PINTO: Well, you know, Rio doesn't need a reason to start the party. And they can do that all right. But this is much more than a party, as you say, Richard. This can create a huge debt.

And there was one number that jumped out at me when I was looking at their bid, and that's $14 billion. That's the budget they say they need to make these games happen in Rio, because the football World Cup is one thing. They've got the football stadiums there. They've had them for years.

The Maracana Stadium is one of the most beautiful and most renowned in the world. But we're having a look at swimming pools, gymnasiums, equestrian locations. So there is a lot more than just the football stadiums which they know how to do and know how to do well. And they need to renovate them for the FIFA World Cup in 2014.

But this is a different proposition, and it's a different investment. With a World Cup and an Olympic bid to deal with, that's a lot of money. There can be some cost overruns there, no doubt about it -- Richard.

QUEST: You see, viewers will say that you and I are already being mealy-mouthed and they've hardly just won the right to host the games. But if you look at the London games, that bid started at 3 billion pounds. It rapidly, within three months, went to 9 billion pounds.

Now that's already -- 9 billion pounds is already about $14 billion, $15 billion, $16 billion. Rio ain't getting out with these games under $18 billion to $20 billion, and you heard it here first.

PINTO: That's exactly what I was going to say. Normally from the research I was doing as well, it's between 25, even 50 percent of a cost overrun when it comes to putting the Olympics together. And that is what Rio really have to face and they need to do it fast.

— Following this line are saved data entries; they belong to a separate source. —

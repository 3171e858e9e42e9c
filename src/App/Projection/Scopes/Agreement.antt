-- ===== src/App/Projection/Scopes/Agreement.antt =====
-- internal/app/projection.go and internal/core/harness/scope.go: the index of scopes beside the
-- aggregates.
use keelage.Prelude.{◌≡◌, refl, ap, ◌∙◌, true, false, inl, inr, Bool-cases, List, [], ◌∷◌}
use keelage.Prelude.Dict.{find, put, find-put}
use keelage.Prelude.Text.{text_eq}
use keelage.Core.Event.{replay}
use keelage.Core.ScopeKey.{ScopeKey, to_text}
use keelage.Harness.Scope.State.{Scope, new_scope, ScopeEvent}
use keelage.Harness.Scope.Decide.{apply}
use keelage.Ledger.Log.{filter}
use keelage.App.Projection.Scopes.{
  ScopeEntry, ScopeIndex, get, handle_scope, is_of, Shows, get-same,
}

get-put_same :
    (d : ScopeIndex) (j k : ScopeKey) (e : ScopeEntry)
    → text_eq (to_text j) (to_text k) ≡ true
    → get (put (to_text j) e d) k ≡ e
unfolding get
get-put_same d j k e h = rw (get, find-put (to_text k) (to_text j) e d, h) refl

get-put_other :
    (d : ScopeIndex) (j k : ScopeKey) (e : ScopeEntry)
    → text_eq (to_text j) (to_text k) ≡ false
    → get (put (to_text j) e d) k ≡ get d k
unfolding get
get-put_other d j k e h = rw (get, find-put (to_text k) (to_text j) e d, h) refl

-- An event of the scope is shown as the aggregate applies it.
step-Shows :
    (d : ScopeIndex) (k : ScopeKey) (s : Scope) (ev : ScopeEvent)
    → is_of k ev ≡ true
    → Shows d k s
    → Shows (handle_scope d ev) k (apply s ev)
unfolding handle_scope apply
step-Shows d k s (ScopeEvent.autonomy_changed v) h i =
    let one = get-same d v.key k s h i in
    let same = get-put_same d v.key k (record (get d v.key) { level = v.to }) h in
    record { level = ap (λ e. e.level) same; cap = ap (λ e. e.cap) same ∙ one.cap }
step-Shows d k s (ScopeEvent.cap_changed v) h i =
    let one = get-same d v.key k s h i in
    let same = get-put_same d v.key k (record (get d v.key) { cap = v.to }) h in
    record { level = ap (λ e. e.level) same ∙ one.level; cap = ap (λ e. e.cap) same }
step-Shows d k s (ScopeEvent.exception_raised v) h i =
    let level = i.level in let cap = i.cap in record { level = level; cap = cap }
step-Shows d k s (ScopeEvent.other kind) h i = i

-- One of another scope is not shown.
skip-Shows :
    (d : ScopeIndex) (k : ScopeKey) (s : Scope) (ev : ScopeEvent)
    → is_of k ev ≡ false
    → Shows d k s
    → Shows (handle_scope d ev) k s
unfolding handle_scope
skip-Shows d k s (ScopeEvent.autonomy_changed v) h i =
    let level = i.level in
    let cap = i.cap in
    let same = get-put_other d v.key k (record (get d v.key) { level = v.to }) h in
    record { level = rw same level; cap = rw same cap }
skip-Shows d k s (ScopeEvent.cap_changed v) h i =
    let level = i.level in
    let cap = i.cap in
    let same = get-put_other d v.key k (record (get d v.key) { cap = v.to }) h in
    record { level = rw same level; cap = rw same cap }
skip-Shows d k s (ScopeEvent.exception_raised v) h i = i
skip-Shows d k s (ScopeEvent.other kind) h i = i

replay-Shows :
    (d : ScopeIndex) (k : ScopeKey) (s : Scope) (evs : List ScopeEvent)
    → Shows d k s
    → Shows (replay handle_scope d evs) k (replay apply s (filter (is_of k) evs))
unfolding replay filter
replay-Shows d k s [] i = i
replay-Shows d k s (ev ∷ evs) i = elim (Bool-cases (is_of k ev)) [
  | inl h ↦ rw h (replay-Shows (handle_scope d ev) k (apply s ev) evs (step-Shows d k s ev h i))
  | inr h ↦ rw h (replay-Shows (handle_scope d ev) k s evs (skip-Shows d k s ev h i))
]

-- After the events of all scopes, in any interleaving, the index has for every scope the level and
-- the cap that its own aggregate reaches from its own events.
pub handle_scope_agrees :
    (k : ScopeKey) (evs : List ScopeEvent)
    → Shows (replay handle_scope [] evs) k (replay apply (new_scope k) (filter (is_of k) evs))
unfolding get find
handle_scope_agrees k evs =
    replay-Shows [] k (new_scope k) evs (record { level = refl; cap = refl })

It's not going to be cheap, it's not going to be easy. And the glamour that they'll bring to the games, there is no doubt about that, and they can celebrate it now, the tears of joy from the president, Lula, and also from the football king of Brazil, and the world, really, Pele, they can enjoy this moment.

But reality will hit them pretty quickly. And they've also moved to squash the rumors that crime will be a problem there. They also have a lot of work to do on that front. And you mentioned that on Copacabana, but around the city. So a lot of work -- Richard.

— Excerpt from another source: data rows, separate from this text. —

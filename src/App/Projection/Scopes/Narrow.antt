-- ===== src/App/Projection/Scopes/Narrow.antt =====
-- internal/app/projection.go: the loop of `Effective`.
use keelage.Prelude.{
  ◌≡◌, ◌≤◌, refl, true, false, ◌⊎◌, inl, inr, Bool-cases, List, [], ◌∷◌, All, Any, if◌then◌else◌,
  arith,
}
use keelage.Prelude.Sort.{Pairwise}
use keelage.Prelude.Int.{ℤ, ltb_ℤ, leb_ℤ_iff, ◌≤ℤ◌, ≤ℤ_refl, ≤ℤ_trans, ≤ℤ_total}
use keelage.Core.Level.{Level}
use keelage.Core.ScopeKey.{ScopeKey, width}
use keelage.App.Projection.Scopes.{ScopeIndex, entry_of, narrow}

pub ltb_ℤ_false : (a b : ℤ) → ltb_ℤ a b ≡ false → b ≤ℤ a
ltb_ℤ_false a b h = (leb_ℤ_iff b a).0 (ground arith)

ltb_ℤ_true : (a b : ℤ) → ltb_ℤ a b ≡ true → a ≤ℤ b
ltb_ℤ_true a b h = elim (≤ℤ_total a b) [
  | inl le ↦ le
  | inr ge ↦ absurd (ground (arith, (leb_ℤ_iff b a).1 ge))
]

-- The cap of the loop is the least that it has met.
pub record IsLeast (s : ScopeIndex) (cap : Level) (keys : List ScopeKey) (least : Level)
    : Type 0 where
  pub start : least ≤ℤ cap
  pub binds : All (λ k. least ≤ℤ (entry_of s k).cap) keys
  pub met : (least ≡ cap) ⊎ Any (λ k. least ≡ (entry_of s k).cap) keys

pub narrow-IsLeast :
    (s : ScopeIndex) (level cap : Level) (keys : List ScopeKey)
    → IsLeast s cap keys (narrow s level cap keys).1
unfolding narrow
narrow-IsLeast s level cap [] = record { start = ≤ℤ_refl cap; binds = tt; met = inl refl }
narrow-IsLeast s level cap (k ∷ keys) =
    let e = entry_of s k in
    elim (Bool-cases (ltb_ℤ e.cap cap)) [
      | inl h ↦
          let rest = narrow-IsLeast s e.level e.cap keys in
          let less = ltb_ℤ_true e.cap cap h in
          rw (narrow, h)
            (record {
              start = ≤ℤ_trans (narrow s e.level e.cap keys).1 e.cap cap rest.start less;
              binds = (rest.start, rest.binds);
              met = elim rest.met [ inl same ↦ inr (inl same) | inr later ↦ inr (inr later) ];
            })
      | inr h ↦
          let rest = narrow-IsLeast s e.level cap keys in
          let more = ltb_ℤ_false e.cap cap h in
          rw (narrow, h)
            (record {
              start = rest.start;
              binds =
                  (≤ℤ_trans (narrow s e.level cap keys).1 cap e.cap rest.start more, rest.binds);
              met = elim rest.met [ inl same ↦ inl same | inr later ↦ inr (inr later) ];
            })
    ]

-- The level of the loop is that of the last key.
pub record IsLast (s : ScopeIndex) (keys : List ScopeKey) (level found : Level) : Type 0 where
  pub by :
      ((keys ≡ []) × (found ≡ level))
      ⊎ ((k : ScopeKey) × Any (λ j. k ≡ j) keys
          × (found ≡ (entry_of s k).level)
          × All (λ j. width k ≤ width j) keys)

abbrev pub NotWider : ScopeKey → ScopeKey → Type 0
NotWider j k = width k ≤ width j

pub narrow-IsLast :
    (s : ScopeIndex) (level cap : Level) (keys : List ScopeKey)
    → Pairwise NotWider keys
    → IsLast s keys level (narrow s level cap keys).0
unfolding narrow
narrow-IsLast s level cap [] h = record { by = inl (refl, refl) }
narrow-IsLast s level cap (k ∷ []) h = record { by = inr (k, inl refl, refl, (omega arith, tt)) }
narrow-IsLast s level cap (k ∷ (j ∷ keys)) (h, hs) =
    let e = entry_of s k in
    elim (narrow-IsLast s e.level (if ltb_ℤ e.cap cap then e.cap else cap) (j ∷ keys) hs).by [
      | inl (bad, same) ↦ absurd (ground arith)
      | inr (last, there, found, narrowest) ↦ record {
        by = inr (last, inr there, found, (last_first k (j ∷ keys) last there h, narrowest));
      }
    ]
  where
    last_first :
        (k : ScopeKey) (keys : List ScopeKey) (last : ScopeKey)
        → Any (λ j. last ≡ j) keys
        → All (NotWider k) keys
        → width last ≤ width k
    last_first k [] last h g = absurd h
    last_first k (j ∷ keys) last (inl same) (g, gs) = rw same g
    last_first k (j ∷ keys) last (inr h) (g, gs) = last_first k keys last h gs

QUEST: Finally, are you looking forward to going there? Because let's face it, the prospect of a trip to Rio -- I mean, I'd be honest, in the news room you could see people mentally politicking how quickly can they start to make a bid to go to Rio for the games.

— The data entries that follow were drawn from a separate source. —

-- ===== src/App/Projection/Scopes/Effective.antt =====
-- internal/app/projection.go: what `Effective` answers.
use keelage.Prelude.{
  ◌≡◌, ◌≤◌, ◌≢◌, refl, sym, ap, ◌∙◌, true, ◌⊎◌, inl, inr, some, Bool-cases, List, [], ◌∷◌, map, All,
  Any, All-imp, if◌then◌else◌, arith,
}
use keelage.Prelude.Dict.{find, find-All}
use keelage.Prelude.Sort.{Pairwise}
use keelage.Prelude.Int.{ltb_ℤ, ◌≤ℤ◌, ≤ℤ_refl}
use keelage.Prelude.Text.{Text, text_eq_iff}
use keelage.Core.Std.{Std}
use keelage.Core.Level.{Level, l0, max_level}
use keelage.Core.ScopeKey.{ScopeKey, to_text, contains, width}
use keelage.Core.ScopeKey.Resolve.{
  ObjectKind, less, resolve, IsSame, IsResolution, resolve-IsResolution,
}
use keelage.App.Projection.Scopes.{
  ScopeEntry, ScopeIndex, entry_of, narrow, effective, IsScopeIndex,
}
use keelage.App.Projection.Scopes.Narrow.{
  ltb_ℤ_false, IsLeast, narrow-IsLeast, IsLast, NotWider, narrow-IsLast,
}

-- The keys that a range loop over the index meets.
abbrev keys_of : ScopeIndex → List ScopeKey
keys_of s = map (λ (e : Text × ScopeEntry). e.1.key) s

-- An entry whose key is met, and finds it.
record IsEntry (s : ScopeIndex) (e : Text × ScopeEntry) : Type 0 where
  pub listed : Any (λ j. e.1.key ≡ j) (keys_of s)
  pub found : entry_of s e.1.key ≡ e.1

entries-IsEntry : (s : ScopeIndex) → IsScopeIndex s → All (IsEntry s) s
entries-IsEntry s i = walk s (λ k h. h) i.keyed (find-All s i.dict)
  where
    walk :
        (es : ScopeIndex)
        → ((k : ScopeKey) → Any (λ j. k ≡ j) (keys_of es) → Any (λ j. k ≡ j) (keys_of s))
        → All (λ (e : Text × ScopeEntry). e.0 ≡ to_text e.1.key) es
        → All (λ (e : Text × ScopeEntry). find e.0 s ≡ some e.1) es
        → All (IsEntry s) es
    walk [] w h g = tt
    walk (e ∷ es) w (h, hs) (g, gs) = (
      record { listed = w e.1.key (inl refl); found = rw (← h, g) refl },
      walk es (λ k m. w k (inr m)) hs gs,
    )

-- A key that is met is an entry's.
entry_Any :
    (s : ScopeIndex) (r : ScopeKey) (P : Text × ScopeEntry → Type 0) (es : ScopeIndex)
    → All (IsEntry s) es
    → ((e : Text × ScopeEntry) → e.1.key ≡ r → entry_of s r ≡ e.1 → P e)
    → Any (λ k. r ≡ k) (keys_of es)
    → Any P es
entry_Any s r P [] h f m = absurd m
entry_Any s r P (e ∷ es) (h, hs) f (inl same) =
    let found = h.found in inl (f e (sym same) (rw same found))
entry_Any s r P (e ∷ es) (h, hs) f (inr m) = inr (entry_Any s r P es hs f m)

-- Keys that are written alike have the same entry.
bound_by :
    (s : ScopeIndex) (k : ScopeKey) (least : Level) (keys : List ScopeKey)
    → Any (IsSame k) keys
    → All (λ r. least ≤ℤ (entry_of s r).cap) keys
    → least ≤ℤ (entry_of s k).cap
bound_by s k least [] h g = absurd h
bound_by s k least (r ∷ keys) (inl same) (g, gs) =
    let text : to_text k ≡ to_text r = (text_eq_iff (to_text k) (to_text r)).0 same in rw text g
bound_by s k least (r ∷ keys) (inr h) (g, gs) = bound_by s k least keys h gs

-- The smaller of a level and a cap.
abbrev pub capped : Level → Level → Level
capped level cap = if ltb_ℤ cap level then cap else level

module _ ⦃go : Std⦄ where
  -- The cap is the least of those that apply, and the level that of a narrowest scope that applies,
  -- as far as the cap admits it; the highest cap and the lowest level where none applies.
  pub record IsEffective (s : ScopeIndex) (target : ScopeKey) (level cap : Level) : Type 0 where
    pub within : level ≤ℤ cap
    pub binds : All (λ (e : Text × ScopeEntry). contains e.1.key target ≡ true → cap ≤ℤ e.1.cap) s
    pub met :
        (cap ≡ max_level)
        ⊎ Any (λ (e : Text × ScopeEntry). (contains e.1.key target ≡ true) × (cap ≡ e.1.cap)) s
    pub narrowest :
        (All (λ (e : Text × ScopeEntry). contains e.1.key target ≢ true) s
          × (level ≡ capped l0 cap))
        ⊎ Any
            (λ (e : Text × ScopeEntry).
              (contains e.1.key target ≡ true)
              × (level ≡ capped e.1.level cap)
              × All
                  (λ (d : Text × ScopeEntry).
                    contains d.1.key target ≡ true → width e.1.key ≤ width d.1.key)
                  s)
            s

  clamp-within : (level cap : Level) → capped level cap ≤ℤ cap
  clamp-within level cap = elim (Bool-cases (ltb_ℤ cap level)) [
    | inl h ↦ rw h (≤ℤ_refl cap)
    | inr h ↦ rw h (ltb_ℤ_false cap level h)
  ]

  -- What resolving the keys of the index gives, at one of them.
  abbrev Applies : ScopeIndex → ScopeKey → ScopeKey → Type 0
  Applies s target r = Any (λ k. r ≡ k) (keys_of s) × (contains r target ≡ true)

  module _ (s : ScopeIndex) (i : IsScopeIndex s) (target : ScopeKey) where
    transfer :
        (Q : ScopeKey → Type 0) (P : Text × ScopeEntry → Type 0) (keys : List ScopeKey)
        → All (Applies s target) keys
        → ((e : Text × ScopeEntry)
            → contains e.1.key target ≡ true
            → entry_of s e.1.key ≡ e.1
            → Q e.1.key
            → P e)
        → Any Q keys
        → Any P s
    transfer Q P [] h f m = absurd m
    transfer Q P (k ∷ keys) ((listed, applies), h) f (inl q) =
        entry_Any s k P s (entries-IsEntry s i)
          (λ e same found. f e (rw same applies) (ap (entry_of s) same ∙ found) (rw same q)) listed
    transfer Q P (k ∷ keys) (h, hs) f (inr m) = transfer Q P keys hs f m

    -- Of two keys of the index that are written alike, one is the other.
    alike :
        (d : Text × ScopeEntry) (r : ScopeKey)
        → IsEntry s d
        → Any (λ k. r ≡ k) (keys_of s)
        → IsSame d.1.key r
        → r ≡ d.1.key
    alike d r h listed same =
        let text : to_text d.1.key ≡ to_text r =
          (text_eq_iff (to_text d.1.key) (to_text r)).0 same in
        let found : entry_of s r ≡ d.1 = rw (← text) h.found in
        one s (
          entry_Any s r (λ e. r ≡ d.1.key) s (entries-IsEntry s i)
            (λ e key entry. sym key ∙ ap (λ x. x.key) (sym entry ∙ found)) listed)
      where
        one : (es : ScopeIndex) → Any (λ e. r ≡ d.1.key) es → r ≡ d.1.key
        one [] h = absurd h
        one (e ∷ es) (inl h) = h
        one (e ∷ es) (inr h) = one es h

    not_wider :
        (k : ScopeKey) (d : Text × ScopeEntry) (keys : List ScopeKey)
        → IsEntry s d
        → All (Applies s target) keys
        → All (λ j. width k ≤ width j) keys
        → Any (IsSame d.1.key) keys
        → width k ≤ width d.1.key
    not_wider k d [] h a w m = absurd m
    not_wider k d (r ∷ keys) h ((listed, applies), a) (w, ws) (inl same) =
        rw (← alike d r h listed same) w
    not_wider k d (r ∷ keys) h (a, rest) (w, ws) (inr m) = not_wider k d keys h rest ws m

    less-NotWider :
        (keys : List ScopeKey)
        → Pairwise (λ a b. less ObjectKind.constraint a b ≡ true) keys
        → Pairwise NotWider keys
    unfolding less
    less-NotWider [] h = tt
    less-NotWider (k ∷ keys) (h, hs) = (
      All-imp (λ b. less ObjectKind.constraint k b ≡ true) (NotWider k) keys (λ b e. ground arith)
          h,
      less-NotWider keys hs,
    )

    narrowest_of :
        (keys : List ScopeKey) (level cap : Level)
        → IsResolution target (keys_of s) ObjectKind.constraint keys
        → IsLast s keys l0 level
        → (All (λ (e : Text × ScopeEntry). contains e.1.key target ≢ true) s
            × (capped level cap ≡ capped l0 cap))
          ⊎ Any
              (λ (e : Text × ScopeEntry).
                (contains e.1.key target ≡ true)
                × (capped level cap ≡ capped e.1.level cap)
                × All
                    (λ (d : Text × ScopeEntry).
                      contains d.1.key target ≡ true → width e.1.key ≤ width d.1.key)
                    s)
              s
    narrowest_of keys level cap res last = elim last.by [
      | inl (empty, same) ↦ inl (
        All-imp (IsEntry s) _ s
            (λ e h c. no_element keys (IsSame e.1.key) empty (res.complete e.1.key h.listed c))
            (entries-IsEntry s i),
        ap (λ l. capped l cap) same,
      )
      | inr (k, there, found, narrowest) ↦ inr (
          transfer (λ j. k ≡ j) _ keys res.applies
            (λ e c entry q. (
              c,
              ap (λ l. capped l cap) (found ∙ ap (λ x. x.level) (ap (entry_of s) q ∙ entry)),
              All-imp (IsEntry s) _ s
                  (λ d h a.
                    rw (← q) (
                      not_wider k d keys h res.applies narrowest (res.complete d.1.key h.listed a)))
                  (entries-IsEntry s i),
            ))
            there)
    ]
      where
        no_element : (keys : List ScopeKey) (P : ScopeKey → Type 0) → keys ≡ [] → Any P keys → ⊥
        no_element [] P e h = h
        no_element (k ∷ keys) P e h = ground arith

    -- `Effective` answers the least cap of the declared scopes that contain the target, and the level
    -- of a narrowest of them, as far as that cap admits it; the highest cap and the lowest level where
    -- none contains it.
    pub effective-IsEffective : IsEffective s target (effective s target).0 (effective s target).1
    unfolding effective
    effective-IsEffective = record {
      within = clamp-within (narrow s l0 max_level keys).0 (narrow s l0 max_level keys).1;
      binds =
          All-imp (IsEntry s) _ s
            (λ e h c. rw (← h.found) (
              bound_by s e.1.key (narrow s l0 max_level keys).1 keys
                (res.complete e.1.key h.listed c) least.binds))
            (entries-IsEntry s i);
      met = elim least.met [
        | inl none_met ↦ inl none_met
        | inr m ↦
            inr (transfer _ _ keys res.applies (λ e c found q. (c, q ∙ ap (λ x. x.cap) found)) m)
      ];
      narrowest =
          narrowest_of keys (narrow s l0 max_level keys).0 (narrow s l0 max_level keys).1 res
            (narrow-IsLast s l0 max_level keys (less-NotWider keys res.ordered));
    }
      where
        keys : List ScopeKey
        keys = resolve target (keys_of s) ObjectKind.constraint

        res : IsResolution target (keys_of s) ObjectKind.constraint keys
        res = resolve-IsResolution target (keys_of s) ObjectKind.constraint

        least : IsLeast s max_level keys (narrow s l0 max_level keys).1
        least = narrow-IsLeast s l0 max_level keys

PINTO: Well, I've got a good argument, Richard. I speak Portuguese. It may be with be with a Portuguese accent, not a Brazilian one, but I think I'm moving up on that list very quickly as we speak. And if it had been Madrid, I can work with my Spanish as well. So I'm just happy that either way, I would have come out pretty high on that list.

QUEST: All right. It's not often I offer to do this, but Pedro, I'll carry your bags on the way. Pedro Pinto, in Copenhagen.

Copenhagen, of course, you see there, and of course, Copenhagen will be back very much in the news before year's end when the environment -- the climate summit takes place, the U.N. Climate Summit. You're up-to-date with what is happening on that part.

Business and sport, we also have news, QUEST MEANS BUSINESS, Fionnuala is at the news desk.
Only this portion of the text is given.